Question

A clothing company has 100 yards of cloth and produces shirts (x units) and vests (y units). Shirts require 10 units and have profit value of $5, while vests require 4 units and have profit value of $4. What is the optimal production solution? What if the company decides to also put a “non-zero constraint” on all production? Must produce at least 3 shirts and 10 vests.

Answer 1

Answer:

Decision Variables:

Let, x = units of shirt

y = units of vest

Objective Function: Objective is to maximize the total profit gained by producing shirts and vests

The profit values of shirt and vest are $5 and $4 per unit respectively

Thus, the profit function is given as follows:

Total Profit = profit per shirt x no. of shirts + (profit per vest x no. of vest)

Max Z = $5x + $4y

Subject To:

Company has 100 yards of cloth and each shirt and vest requires 10 units and 4 units of cloth respectively

Total cloth required by x shirts and y vest is given as 10x + 4y

Since company cannot use more than 100 yards of available cloth, the constraint is written as follows:

10x + 4y <= 100

Consider production units cannot be in negative quantities, x , y >= 0

Plotting of constraints on graph:

Convert the inequalities in the equality equation and find the X-axis and Y-axis intercepts to plot the equation lines.

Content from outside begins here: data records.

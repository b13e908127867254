-- ===== src/Server.antt =====
-- crates/server/src/server.rs: the handlers of the control and of the data server. What they answer is
-- a value; how it is sent is the crate `poem`.
pub mod Data
pub mod Start
pub mod Listen
pub mod Serve
pub mod Control
pub mod Shutdown
use percas.Base.{ℕ, List, [], ◌∷◌, Option, none, some, map}
use percas.Text.{String, Url}
use percas.Bytes.{AsRef, Mur3}
use percas.BTreeMap.{values}
use percas.Ring.{list_vnodes}
use percas.Member.{MemberState, MemberStatus}
use percas.Gossip.{GossipState}

pub record Member : Type 0 where
  pub node_id : ℕ
  pub cluster_id : String
  pub advertise_data_url : Url
  pub advertise_ctrl_url : Url
  pub incarnation : ℕ
  pub status : MemberStatus
  pub heartbeat : ℕ
  pub vnodes : List ℕ

pub record ListMembersResponse : Type 0 where
  pub members : List Member

module _ ⦃a : AsRef ℕ⦄ ⦃m : Mur3⦄ where
  -- The body of the closure of `list_members`.
  unfoldable pub listed : GossipState → MemberState → Member
  listed g member = record {
    node_id = member.info.node_id;
    cluster_id = member.info.cluster_id;
    advertise_data_url = member.info.advertise_data_url;
    advertise_ctrl_url = member.info.advertise_ctrl_url;
    incarnation = member.info.incarnation;
    status = member.status;
    heartbeat = member.heartbeat;
    vnodes = list_vnodes g.ring member.info.node_id;
  }

  unfoldable pub list_members : GossipState → ListMembersResponse
  unfolding listed
  list_members g = record { members = map (listed g) (values g.membership.members) }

The feasible area is OAB, by extreme point method determine the profit at points O, A, and B

The profit is highest at point B (0, 25), where x = 0 and y = 25

Optimal solution is: No. of shirts = 0, Number of vest = 25 and Profit = $100

Part 2: Must produce at least 3 shirts and 10 vests

Two more equation will be added in the formulation,

x >= 3 and y >= 10

Plot line x = 3 and Y = 10 on the graph, and the feasible region for both the equations will be away from the origin.

The polygon EFG is the feasible area where all the constraints are satisfied.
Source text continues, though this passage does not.